[Collected data]
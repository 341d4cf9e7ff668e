-- ===== src/Proto/Client.antt =====
-- proto/client.go: the dialling end of a connection, which the listener runs.
--
-- `Register`, `Bind` and `Close` hold the mutex from their first line to their return, so a call is
-- one step. The goroutine that reads commands is `command_rounds`.
pub mod Types
pub mod Session
pub mod Events
pub mod Frame
pub mod Ending
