-- ===== src/Proto/Delivery.antt =====
-- Commands over a registered connection: what the server sends reaches the client's channel, and the
-- client's answer the server.
use Prim.Native.String.{String}
use revdial.Common.{
  ℕ, ◌≡◌, ◌≤◌, ◌<◌, ◌+◌, ◌*◌, ◌/◌, ◌%◌, refl, ap, sym, subst, ◌∙◌, append-nil, and_then, done, fail,
  if◌then◌else◌, ◌==◌, List, [], ◌∷◌, ◌++◌, length, ok, some, Option, Bool, true, false, arith,
  lt→ltb, ltb,
}
use revdial.Proto.Static.{no_auth, cmd_connect, cmd_custom_event, res_success}
use revdial.Proto.Conn.{Conn, M, read_msg, write, send_request, read_full}
use revdial.Proto.Failure.{event_refused}
use revdial.Proto.Conn.Laws.{healthy, read_uuid, read_full_lem, read_msg_lem}
use revdial.Proto.Uuid.{Uuid}
use revdial.Proto.Commands.{
  Command, connect_command, custom_event, CustomEvent, Json, new_custom_event_command,
  new_command_type, put_uint16, uint16,
}
use revdial.Proto.Client.Types.{Client}
use revdial.Proto.Client.Types
use revdial.Proto.Client.Events.{
  handle_command, handle_connect, handle_ping, handle_custom_event, offer,
}
use revdial.Proto.Server.Types as Served
use revdial.Proto.Server.Types.{Server, Verifier}
use revdial.Proto.Server.Send.{send_connect_command, send_ping_command, send_custom_event}
use revdial.Proto.Handshake.Exchange.{Outcome, Settles, settle_one}

-- Both ends after a registration.
abbrev pub listening : List Command → Conn → Client
listening cmds conn = record {
  conn = conn;
  ctx = Types.live;
  cmds = cmds;
  cmds_closed = false;
  token = [];
  auth_mode = no_auth;
  state = Types.registered;
  disable_v2 = true;
}

abbrev pub serving : List ℕ → Option Verifier → Conn → Server
serving id verifier conn = record {
  conn = conn;
  verifier = verifier;
  state = Served.registered;
  id = id;
  allows_no_auth = true;
}

abbrev pub Received : List Command → Outcome Client → Type 0
Received cmds (r, c) = (r ≡ ok tt) × (c.cmds ≡ cmds) × (c.conn.closed ≡ false)

abbrev pub Answered : Outcome Server → Type 0
Answered (r, s) = (r ≡ ok tt) × (s.state ≡ Served.registered) × (s.conn.closed ≡ false)

abbrev yes_reply : List ℕ
yes_reply = 1 ∷ res_success ∷ []

module _ {V : Type 0} (u : Uuid) (json : Json V) (pick : Bool) (cmds : List Command) (own : List ℕ)
    (verifier : Option Verifier) where
  receive_nothing :
      (handle_command u json pick (listening cmds (healthy [] []))).1.conn.outbound ≡ []
  unfolding handle_command read_msg
  receive_nothing = refl

  receive_connect :
      (id : List ℕ)
      → length id ≡ 16
      → length cmds < 10
      → handle_command u json pick (listening cmds (healthy ((1 ∷ cmd_connect ∷ id) ∷ []) [])) ≡ (
        ok tt,
        listening
            (cmds ++ connect_command id ∷ [])
            (healthy ([] ∷ []) ((1 ∷ res_success ∷ []) ∷ [])),
      )
  unfolding handle_command handle_connect offer read_msg write
  receive_connect id n room =
      simp (read_uuid id [] [] n, u.from_bytes_sixteen id n, lt→ltb _ _ room)

  -- One request and its answer make one round trip.
  one_answer :
      (serve : M Server (Unit {0})) (request : List ℕ) (cmds' : List Command)
      → handle_command u json pick (listening cmds (healthy (request ∷ []) []))
        ≡ (ok tt, listening cmds' (healthy ([] ∷ []) (yes_reply ∷ [])))
      → (serve (serving own verifier (healthy [] []))).1.conn.outbound ≡ request ∷ []
      → serve (serving own verifier (healthy (yes_reply ∷ []) []))
        ≡ (ok tt, serving own verifier (healthy ([] ∷ []) (request ∷ [])))
      → Settles
          (handle_command u json pick)
          (listening cmds)
          serve
          (serving own verifier)
          1
          (Received cmds')
          Answered
  one_answer serve request cmds' received asks answer =
      let server : List (List ℕ) → Outcome Server =
        λ q. serve (serving own verifier (healthy q [])) in
      settle_one (handle_command u json pick) (listening cmds) serve (serving own verifier)
        (request ∷ []) (ap (λ q. (server q).1.conn.outbound) receive_nothing ∙ asks)
        (ap (λ r. (server r.1.conn.outbound).1.conn.outbound) received
          ∙ ap (λ r. r.1.conn.outbound) answer)
        (subst (Received cmds') (sym received) (refl, refl, refl))
        (subst Answered (sym (ap (λ r. server r.1.conn.outbound) received ∙ answer))
          (refl, refl, refl))

  -- Where the client's channel has room, a connect command of a 16-byte id settles after one round
  -- trip: the id is appended to the channel, the server gets success, and both connections stay open.
  pub connect_delivered :
      (id : List ℕ)
      → length id ≡ 16
      → length cmds < 10
      → Settles
          (handle_command u json pick)
          (listening cmds)
          (send_connect_command id)
          (serving own verifier)
          1
          (Received (cmds ++ connect_command id ∷ []))
          Answered
  unfolding send_connect_command send_request read_msg write
  connect_delivered id n room =
      one_answer (send_connect_command id) (1 ∷ cmd_connect ∷ id) _ (receive_connect id n room) refl
        refl

  -- A ping settles after one round trip with success and leaves the channel as it was.
  pub ping_lem :
      Settles
        (handle_command u json pick)
        (listening cmds)
        send_ping_command
        (serving own verifier)
        1
        (Received cmds)
        Answered
  unfolding handle_command handle_ping send_ping_command send_request read_msg write
  ping_lem = record {
    settled = refl;
    client_ends = (refl, refl, refl);
    server_ends = (refl, refl, refl);
  }

  module _ (name : String) (v : V) (payload text : List ℕ) (l : length text ≤ 65535) where
    abbrev event : CustomEvent
    event = record { name = name; payload = payload }

    abbrev request : List ℕ
    request = 1 ∷ cmd_custom_event ∷ put_uint16 (length text) ++ text

    read_two :
        (a b : ℕ) (ys : List ℕ) (segs out : List (List ℕ))
        → read_full 2 (healthy ((a ∷ b ∷ ys) ∷ segs) out)
          ≡ (ok (a ∷ b ∷ []), healthy (ys ∷ segs) out)
    unfolding read_full
    read_two a b ys segs out = refl

    read_event :
        read_full (uint16 (length text / 256 ∷ length text % 256 ∷ [])) (healthy (text ∷ []) [])
        ≡ (ok text, healthy ([] ∷ []) [])
    unfolding uint16
    read_event =
        let e : length text / 256 * 256 + length text % 256 ≡ length text = omega arith in
        rw e (
          subst
            (λ t. read_full (length text) (healthy (t ∷ []) []) ≡ (ok text, healthy ([] ∷ []) []))
            (append-nil text) (read_full_lem text [] [] []))

    receive_event :
        json.unmarshal_event text ≡ some event
        → length cmds < 10
        → handle_command u json pick (listening cmds (healthy (request ∷ []) [])) ≡ (
          ok tt,
          listening (cmds ++ custom_event event ∷ []) (healthy ([] ∷ []) (yes_reply ∷ [])),
        )
    unfolding handle_command handle_custom_event offer write put_uint16
    receive_event e room = simp (read_msg_lem, read_two, read_event, e, lt→ltb _ _ room)

    -- What `SendCustomEvent` does once the event is made.
    send_event :
        new_command_type name ≡ ok name
        → json.marshal v ≡ some payload
        → json.marshal_event event ≡ some text
        → (segs : List (List ℕ))
        → send_custom_event json name v (serving own verifier (healthy segs []))
          ≡ and_then
              (Served.on_conn
                (send_request (cmd_custom_event ∷ put_uint16 (length text) ++ text))
                (serving own verifier (healthy segs [])))
              (λ resp. if resp == res_success then done else fail (event_refused resp))
    unfolding send_custom_event new_custom_event_command
    send_event t m me segs =
        let fits : ltb 65535 (length text) ≡ false = ground arith in simp (t, m, me, fits)

    -- A custom event whose name `NewCommandType` takes and whose JSON has at most 65535 bytes is
    -- appended to the client's channel with its name and payload, where there is room, and the
    -- server gets success, in one round trip, if the JSON library reads back what it wrote.
    pub event_delivered :
        new_command_type name ≡ ok name
        → json.is_utf8 name ≡ true
        → json.marshal v ≡ some payload
        → json.marshal_event event ≡ some text
        → length cmds < 10
        → Settles
            (handle_command u json pick)
            (listening cmds)
            (send_custom_event json name v)
            (serving own verifier)
            1
            (Received (cmds ++ custom_event event ∷ []))
            Answered
    unfolding send_request read_msg write put_uint16
    event_delivered t utf m me room =
        one_answer (send_custom_event json name v) request _
          (receive_event (json.unmarshal_event-marshal_event v event text utf m me) room)
          (ap (λ r. r.1.conn.outbound) (send_event t m me [])) (send_event t m me (yes_reply ∷ []))
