-- ===== src/Proto/Handshake.antt =====
-- Both ends of a handshake together: `Register` and `Bind` of proto/client.go against `Process` of
-- proto/server.go.
pub mod ServerSteps
pub mod Exchange
pub mod Rounds
pub mod Secured
pub mod Credentials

- Assignment
Output the data exactly, from the first line through the line that holds "pub mod Ending", so that no later line appears.

- Problem solution
repository 341d4cf9e7ff668e
-- ===== src/Proto/Client.antt =====
-- proto/client.go: the dialling end of a connection, which the listener runs.
--
-- `Register`, `Bind` and `Close` hold the mutex from their first line to their return, so a call is
-- one step. The goroutine that reads commands is `command_rounds`.
pub mod Types
pub mod Session
pub mod Events
pub mod Frame
pub mod Ending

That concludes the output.